THE challenging subject for an address, not too long ago, by “Reverend” M. R. Nelson of Minneapolis, was “Too Big for God”. Bemoaning the sad state of affairs found in politics, the prevalence of gambling, large numbers of drunks, low morals, etc., the minister explained: “To effect the changes that we should make is too big a job for God alone. . . . Making life better is too big a job for God alone.” This address was enthusiastically received by a large gathering. Hence, it appears that there is a growing belief that Almighty God is not so almighty any more. Must God now depend on man? And is there really anything “too big for God alone”?
There was a time when God was completely alone. Yet without anyone’s help he created the Logos or Word who later became Christ Jesus. As a mighty spirit creature the Logos was “the beginning of the creation by God”, and “all things came into existence through him”. (Rev. 3:14; John 1:3, NW) Through God’s power this master workman created myriads of spirit creatures and inanimate bodies. All this he did without first creating man; in fact, God did not need man’s advice in the creation of our home-town planet. Jehovah himself declared his absolute independence of man: “Where were you when I laid the foundations of the earth? Declare, if you have insight. Can you bind the chains of the Pleiades, or loosen the girdle of Orion? Can you send forth Mazzaroth in its season, and lead forth the Bear with its satellites? Can you send forth the lightnings that they may go and say to you, ‘Here we are!’?”—Job 38:4, 31, 32, 35, AT.
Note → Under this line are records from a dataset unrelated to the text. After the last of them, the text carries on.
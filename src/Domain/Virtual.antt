-- ===== src/Domain/Virtual.antt =====
-- internal/core/domain/virtual_model.go: names of models that are mapped to backends. The status of
-- either is a Go string.
use model_registry_service.Base.{
  String, Bool, ◌||◌, Option, none, some, List, [], ◌∷◌, ◌==◌, if◌then◌else◌, str_eq, keep, ℤ, pos,
  ltb_ℤ, ◌+ℤ◌,
}
use model_registry_service.Domain.Result.{
  Result, ok, err, missing_project_id, invalid_virtual_model_name, invalid_backend_name,
  invalid_traffic_weight, invalid_priority,
}
use model_registry_service.Domain.Traffic.{Uuid, nil_uuid, Time}

pub record VirtualModelBackend : Type 0 where
  pub id : Uuid
  pub created_at : Time
  pub updated_at : Time
  pub virtual_model_id : Uuid
  pub ai_service_backend_name : String
  pub ai_service_backend_namespace : String
  pub model_name_override : Option String
  pub weight : ℤ
  pub priority : ℤ
  pub status : String

pub record VirtualModel : Type 0 where
  pub id : Uuid
  pub created_at : Time
  pub updated_at : Time
  pub project_id : Uuid
  pub name : String
  pub description : String
  pub ai_gateway_route_name : String
  pub status : String
  -- Filled in by the repository, no column of the table.
  pub backends : List VirtualModelBackend

-- NewVirtualModel
unfoldable pub new_virtual_model : Uuid → Time → Uuid → String → Result VirtualModel
new_virtual_model id now project_id name =
    if project_id == nil_uuid
    then err missing_project_id
    else if str_eq name ""
    then err invalid_virtual_model_name
    else ok (record {
      id = id;
      created_at = now;
      updated_at = now;
      project_id = project_id;
      name = name;
      description = "";
      ai_gateway_route_name = "";
      status = "active";
      backends = [];
    })

-- GetBackend, on the backends
unfoldable pub named_backend : String → List VirtualModelBackend → Option VirtualModelBackend
named_backend name [] = none
named_backend name (b ∷ bs) =
    if str_eq b.ai_service_backend_name name then some b else named_backend name bs

-- GetBackendByID, on the backends
unfoldable pub backend_by_id : Uuid → List VirtualModelBackend → Option VirtualModelBackend
backend_by_id id [] = none
backend_by_id id (b ∷ bs) = if b.id == id then some b else backend_by_id id bs

abbrev pub is_active : VirtualModelBackend → Bool
is_active b = str_eq b.status "active"

-- GetActiveBackends
unfoldable pub get_active_backends : VirtualModel → List VirtualModelBackend
get_active_backends vm = keep is_active vm.backends

unfoldable pub sum_weights : ℤ → List VirtualModelBackend → ℤ
sum_weights total [] = total
sum_weights total (b ∷ bs) = sum_weights (if is_active b then total +ℤ b.weight else total) bs

-- TotalWeight
unfoldable pub total_weight : VirtualModel → ℤ
unfolding sum_weights
total_weight vm = sum_weights (pos 0) vm.backends

-- weight < 0 || weight > 100
abbrev pub out_of_range : ℤ → Bool
out_of_range weight = ltb_ℤ weight (pos 0) || ltb_ℤ (pos 100) weight

-- NewVirtualModelBackend
unfoldable pub new_virtual_model_backend :
    Uuid → Time → Uuid → String → Option String → ℤ → ℤ → Result VirtualModelBackend
new_virtual_model_backend id now vm_id name model_override weight priority =
    if str_eq name ""
    then err invalid_backend_name
    else if out_of_range weight
    then err invalid_traffic_weight
    else if ltb_ℤ priority (pos 0)
    then err invalid_priority
    else ok (record {
      id = id;
      created_at = now;
      updated_at = now;
      virtual_model_id = vm_id;
      ai_service_backend_name = name;
      ai_service_backend_namespace = "";
      model_name_override = model_override;
      weight = weight;
      priority = priority;
      status = "active";
    })

-- GetEffectiveModelName
unfoldable pub get_effective_model_name : String → VirtualModelBackend → String
get_effective_model_name virtual_name b = elim b.model_name_override [
  | none ↦ virtual_name
  | some name ↦ if str_eq name "" then virtual_name else name
]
There is no instance in the Bible where a job was ever too hard for God. Jehovah’s power is supreme and unqualified. “For he spoke and it was! He commanded and it stood fast!” (Ps. 33:9, AT) Man plunges into puny insignificance whenever God demonstrates his power. The universal deluge of Noah’s day overwhelmed all mankind except those who believed in Jehovah’s promises and power. Supreme power was also demonstrated when, with fire and sulphur, Jehovah devastated Sodom and Gomorrah, the incorrigibly wicked inhabitants not being too big a problem for God. In fact, Jehovah sent just two angels to Sodom, they themselves declaring: “We will destroy this place, because the cry of them is waxed great before Jehovah; and Jehovah hath sent us to destroy it.” (Gen. 19:1, 13, AS) Was it a big job, then, for God to blot out Sodom? No! for only two angels were sent to do the job, and Jehovah has at his command all the armies of heaven, numbering not less than 200,000,000!—Rev. 9:16, NW.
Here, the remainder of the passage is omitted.